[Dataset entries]

== Segment start ==

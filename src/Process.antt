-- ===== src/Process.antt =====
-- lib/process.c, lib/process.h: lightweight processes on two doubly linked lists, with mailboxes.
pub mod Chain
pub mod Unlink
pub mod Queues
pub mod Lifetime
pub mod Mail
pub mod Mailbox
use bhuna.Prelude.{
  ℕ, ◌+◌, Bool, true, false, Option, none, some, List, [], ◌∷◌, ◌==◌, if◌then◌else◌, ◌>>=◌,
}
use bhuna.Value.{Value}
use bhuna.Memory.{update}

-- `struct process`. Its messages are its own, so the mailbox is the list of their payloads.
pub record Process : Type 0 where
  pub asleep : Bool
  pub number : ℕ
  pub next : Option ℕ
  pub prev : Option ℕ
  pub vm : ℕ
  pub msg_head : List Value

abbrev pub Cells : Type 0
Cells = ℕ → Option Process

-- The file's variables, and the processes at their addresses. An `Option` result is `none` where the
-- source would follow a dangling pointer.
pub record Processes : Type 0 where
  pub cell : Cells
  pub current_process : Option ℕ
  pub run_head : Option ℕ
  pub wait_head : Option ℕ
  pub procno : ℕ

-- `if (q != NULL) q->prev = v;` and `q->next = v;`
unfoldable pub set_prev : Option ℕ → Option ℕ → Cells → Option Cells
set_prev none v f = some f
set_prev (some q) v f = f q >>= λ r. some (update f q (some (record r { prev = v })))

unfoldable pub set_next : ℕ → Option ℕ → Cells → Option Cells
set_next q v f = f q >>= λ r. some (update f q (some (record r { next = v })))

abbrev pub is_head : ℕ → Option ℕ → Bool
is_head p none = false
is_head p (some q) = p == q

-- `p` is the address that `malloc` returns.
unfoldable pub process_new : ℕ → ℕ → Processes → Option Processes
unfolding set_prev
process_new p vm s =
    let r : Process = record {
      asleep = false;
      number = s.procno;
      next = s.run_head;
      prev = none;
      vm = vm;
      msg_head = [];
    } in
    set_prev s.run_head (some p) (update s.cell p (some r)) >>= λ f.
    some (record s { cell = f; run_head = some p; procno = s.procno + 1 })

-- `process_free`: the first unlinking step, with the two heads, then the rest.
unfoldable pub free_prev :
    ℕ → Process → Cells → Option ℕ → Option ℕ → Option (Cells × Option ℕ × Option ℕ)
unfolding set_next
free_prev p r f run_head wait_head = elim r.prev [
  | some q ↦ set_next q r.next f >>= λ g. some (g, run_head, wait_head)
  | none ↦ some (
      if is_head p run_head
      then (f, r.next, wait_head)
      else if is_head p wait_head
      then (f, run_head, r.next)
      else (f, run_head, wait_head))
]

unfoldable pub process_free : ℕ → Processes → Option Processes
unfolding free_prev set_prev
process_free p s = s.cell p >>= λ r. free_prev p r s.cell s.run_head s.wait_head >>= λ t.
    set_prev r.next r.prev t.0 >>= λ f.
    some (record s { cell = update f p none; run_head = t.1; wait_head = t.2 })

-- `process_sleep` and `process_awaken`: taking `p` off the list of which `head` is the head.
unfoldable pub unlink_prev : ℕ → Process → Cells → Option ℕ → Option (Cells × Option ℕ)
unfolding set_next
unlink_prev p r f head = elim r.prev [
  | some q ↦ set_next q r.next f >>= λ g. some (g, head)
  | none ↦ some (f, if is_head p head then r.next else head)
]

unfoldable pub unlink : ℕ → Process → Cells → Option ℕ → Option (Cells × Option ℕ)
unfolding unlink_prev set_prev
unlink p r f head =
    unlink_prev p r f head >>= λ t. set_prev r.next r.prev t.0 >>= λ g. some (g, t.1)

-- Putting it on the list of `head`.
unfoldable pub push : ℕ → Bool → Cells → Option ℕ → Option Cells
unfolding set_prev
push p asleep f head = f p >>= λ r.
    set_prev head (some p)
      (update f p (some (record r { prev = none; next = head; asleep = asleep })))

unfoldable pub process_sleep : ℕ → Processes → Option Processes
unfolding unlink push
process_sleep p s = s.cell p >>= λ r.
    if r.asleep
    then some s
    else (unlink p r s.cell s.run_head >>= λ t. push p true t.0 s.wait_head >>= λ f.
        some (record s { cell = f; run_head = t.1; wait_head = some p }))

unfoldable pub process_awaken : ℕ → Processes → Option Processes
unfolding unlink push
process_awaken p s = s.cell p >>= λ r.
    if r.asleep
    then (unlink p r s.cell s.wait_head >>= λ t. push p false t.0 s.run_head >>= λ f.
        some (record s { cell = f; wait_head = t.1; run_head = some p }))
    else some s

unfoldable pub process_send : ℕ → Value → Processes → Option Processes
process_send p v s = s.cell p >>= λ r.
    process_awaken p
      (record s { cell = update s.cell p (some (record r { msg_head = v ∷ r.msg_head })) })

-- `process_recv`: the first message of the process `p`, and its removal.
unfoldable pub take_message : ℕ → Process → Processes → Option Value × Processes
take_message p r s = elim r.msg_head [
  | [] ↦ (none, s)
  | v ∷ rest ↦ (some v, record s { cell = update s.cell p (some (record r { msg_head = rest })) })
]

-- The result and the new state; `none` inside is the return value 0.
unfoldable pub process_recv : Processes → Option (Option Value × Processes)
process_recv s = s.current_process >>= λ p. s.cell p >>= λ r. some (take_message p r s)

== Segment end ==
== Segment start ==

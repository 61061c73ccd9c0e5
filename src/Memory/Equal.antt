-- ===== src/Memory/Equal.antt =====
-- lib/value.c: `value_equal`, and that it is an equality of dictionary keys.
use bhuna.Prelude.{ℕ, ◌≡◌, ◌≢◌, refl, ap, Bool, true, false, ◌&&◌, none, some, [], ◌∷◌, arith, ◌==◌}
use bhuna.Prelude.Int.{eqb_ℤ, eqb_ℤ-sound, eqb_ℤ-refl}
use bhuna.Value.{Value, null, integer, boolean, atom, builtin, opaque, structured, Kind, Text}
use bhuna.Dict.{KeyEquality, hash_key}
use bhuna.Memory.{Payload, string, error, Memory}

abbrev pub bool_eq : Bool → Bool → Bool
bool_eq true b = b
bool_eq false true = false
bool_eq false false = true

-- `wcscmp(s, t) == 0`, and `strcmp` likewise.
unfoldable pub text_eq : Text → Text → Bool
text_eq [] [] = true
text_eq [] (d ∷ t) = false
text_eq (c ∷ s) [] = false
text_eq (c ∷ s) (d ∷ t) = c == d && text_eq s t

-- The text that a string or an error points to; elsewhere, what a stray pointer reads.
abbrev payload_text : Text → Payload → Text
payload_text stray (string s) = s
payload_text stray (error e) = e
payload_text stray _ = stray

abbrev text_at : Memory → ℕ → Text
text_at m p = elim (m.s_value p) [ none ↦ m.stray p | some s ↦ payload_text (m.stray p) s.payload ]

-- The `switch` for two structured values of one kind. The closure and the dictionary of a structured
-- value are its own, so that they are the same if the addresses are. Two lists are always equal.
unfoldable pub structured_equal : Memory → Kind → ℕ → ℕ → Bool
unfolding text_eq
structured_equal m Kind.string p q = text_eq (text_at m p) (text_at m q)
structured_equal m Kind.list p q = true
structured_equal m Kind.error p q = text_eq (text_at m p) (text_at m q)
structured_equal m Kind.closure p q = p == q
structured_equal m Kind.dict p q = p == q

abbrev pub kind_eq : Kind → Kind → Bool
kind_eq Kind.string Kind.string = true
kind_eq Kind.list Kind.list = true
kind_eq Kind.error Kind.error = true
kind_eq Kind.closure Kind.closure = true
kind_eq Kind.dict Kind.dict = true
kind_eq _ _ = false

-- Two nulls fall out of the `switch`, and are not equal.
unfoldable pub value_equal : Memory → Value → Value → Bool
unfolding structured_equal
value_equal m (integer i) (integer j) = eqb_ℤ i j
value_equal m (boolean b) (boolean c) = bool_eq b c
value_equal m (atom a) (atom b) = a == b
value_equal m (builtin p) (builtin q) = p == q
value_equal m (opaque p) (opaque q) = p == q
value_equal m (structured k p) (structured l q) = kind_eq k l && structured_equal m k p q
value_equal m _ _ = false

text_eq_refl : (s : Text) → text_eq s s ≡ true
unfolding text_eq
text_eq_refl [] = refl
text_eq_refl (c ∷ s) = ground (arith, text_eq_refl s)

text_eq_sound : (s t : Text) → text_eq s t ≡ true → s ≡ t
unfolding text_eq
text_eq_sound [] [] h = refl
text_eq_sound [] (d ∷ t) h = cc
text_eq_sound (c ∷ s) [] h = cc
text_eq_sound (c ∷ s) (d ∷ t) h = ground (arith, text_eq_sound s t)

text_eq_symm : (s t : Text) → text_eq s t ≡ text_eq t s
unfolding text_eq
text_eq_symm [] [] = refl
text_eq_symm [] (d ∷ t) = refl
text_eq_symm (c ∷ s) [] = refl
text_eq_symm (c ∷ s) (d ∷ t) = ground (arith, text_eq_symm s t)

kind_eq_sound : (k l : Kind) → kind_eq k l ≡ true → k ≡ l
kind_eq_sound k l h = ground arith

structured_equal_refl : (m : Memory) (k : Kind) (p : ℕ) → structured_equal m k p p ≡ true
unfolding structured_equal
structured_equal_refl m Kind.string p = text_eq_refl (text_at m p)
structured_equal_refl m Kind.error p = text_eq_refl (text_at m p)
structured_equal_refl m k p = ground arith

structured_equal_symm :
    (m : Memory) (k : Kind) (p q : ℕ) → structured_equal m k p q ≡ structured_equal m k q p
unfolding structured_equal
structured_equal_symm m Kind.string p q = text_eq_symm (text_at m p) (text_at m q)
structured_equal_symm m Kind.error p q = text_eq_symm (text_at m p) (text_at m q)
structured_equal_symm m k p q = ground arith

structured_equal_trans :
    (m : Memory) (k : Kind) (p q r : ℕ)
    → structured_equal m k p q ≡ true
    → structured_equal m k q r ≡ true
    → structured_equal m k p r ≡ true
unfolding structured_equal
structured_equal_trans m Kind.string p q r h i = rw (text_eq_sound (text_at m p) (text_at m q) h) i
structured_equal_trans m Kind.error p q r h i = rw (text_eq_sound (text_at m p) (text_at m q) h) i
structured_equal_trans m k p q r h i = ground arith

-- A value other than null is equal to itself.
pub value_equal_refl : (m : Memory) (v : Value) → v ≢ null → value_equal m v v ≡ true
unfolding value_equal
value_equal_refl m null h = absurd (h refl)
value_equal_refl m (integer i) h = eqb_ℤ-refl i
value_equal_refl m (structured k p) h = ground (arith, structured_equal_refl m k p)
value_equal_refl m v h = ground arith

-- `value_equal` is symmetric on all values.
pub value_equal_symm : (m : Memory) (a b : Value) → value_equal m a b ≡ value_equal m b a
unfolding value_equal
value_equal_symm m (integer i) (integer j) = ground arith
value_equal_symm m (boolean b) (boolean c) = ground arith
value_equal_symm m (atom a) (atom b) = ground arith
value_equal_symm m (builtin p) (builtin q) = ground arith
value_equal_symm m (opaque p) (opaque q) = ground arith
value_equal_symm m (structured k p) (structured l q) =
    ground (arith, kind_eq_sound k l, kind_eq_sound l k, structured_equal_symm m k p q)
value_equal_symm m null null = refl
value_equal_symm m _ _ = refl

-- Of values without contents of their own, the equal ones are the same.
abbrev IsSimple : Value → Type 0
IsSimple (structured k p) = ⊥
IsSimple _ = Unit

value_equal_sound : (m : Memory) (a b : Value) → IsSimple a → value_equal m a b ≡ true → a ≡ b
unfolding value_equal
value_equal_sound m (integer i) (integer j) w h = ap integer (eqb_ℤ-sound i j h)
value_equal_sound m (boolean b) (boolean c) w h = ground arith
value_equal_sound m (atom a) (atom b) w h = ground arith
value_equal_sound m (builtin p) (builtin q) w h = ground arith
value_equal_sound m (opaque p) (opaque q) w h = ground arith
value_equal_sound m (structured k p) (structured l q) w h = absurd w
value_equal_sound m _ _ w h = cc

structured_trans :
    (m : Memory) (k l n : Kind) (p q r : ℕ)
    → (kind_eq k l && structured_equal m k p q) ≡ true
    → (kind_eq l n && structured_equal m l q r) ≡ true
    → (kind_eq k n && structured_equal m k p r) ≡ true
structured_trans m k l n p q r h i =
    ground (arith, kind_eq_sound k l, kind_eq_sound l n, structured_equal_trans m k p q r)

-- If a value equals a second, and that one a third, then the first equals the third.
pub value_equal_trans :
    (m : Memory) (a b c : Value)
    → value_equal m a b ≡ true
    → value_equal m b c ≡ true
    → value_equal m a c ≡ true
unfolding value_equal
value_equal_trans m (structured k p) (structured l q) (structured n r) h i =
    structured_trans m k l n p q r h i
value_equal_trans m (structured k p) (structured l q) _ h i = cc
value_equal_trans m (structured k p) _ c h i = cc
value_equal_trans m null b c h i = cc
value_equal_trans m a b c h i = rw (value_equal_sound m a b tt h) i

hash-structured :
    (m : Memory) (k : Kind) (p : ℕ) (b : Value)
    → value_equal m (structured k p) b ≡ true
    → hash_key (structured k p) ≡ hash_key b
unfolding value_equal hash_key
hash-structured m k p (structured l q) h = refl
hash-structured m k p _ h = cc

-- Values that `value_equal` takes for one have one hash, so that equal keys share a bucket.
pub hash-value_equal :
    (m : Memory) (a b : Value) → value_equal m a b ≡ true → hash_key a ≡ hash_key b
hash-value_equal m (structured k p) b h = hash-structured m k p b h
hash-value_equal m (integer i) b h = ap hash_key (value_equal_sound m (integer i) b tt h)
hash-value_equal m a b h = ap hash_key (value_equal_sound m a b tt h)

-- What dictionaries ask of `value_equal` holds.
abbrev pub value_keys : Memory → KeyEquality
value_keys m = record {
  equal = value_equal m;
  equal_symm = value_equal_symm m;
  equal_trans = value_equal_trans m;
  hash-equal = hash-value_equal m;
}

== Segment end ==

--- Problem ---
Above this instruction are the records; retype exactly the lines from the one containing "kind_eq_sound : (k" up to and including the one containing "structured_equal_refl m k p = ground arith".

--- Answer box ---
kind_eq_sound : (k l : Kind) → kind_eq k l ≡ true → k ≡ l
kind_eq_sound k l h = ground arith

structured_equal_refl : (m : Memory) (k : Kind) (p : ℕ) → structured_equal m k p p ≡ true
unfolding structured_equal
structured_equal_refl m Kind.string p = text_eq_refl (text_at m p)
structured_equal_refl m Kind.error p = text_eq_refl (text_at m p)
structured_equal_refl m k p = ground arith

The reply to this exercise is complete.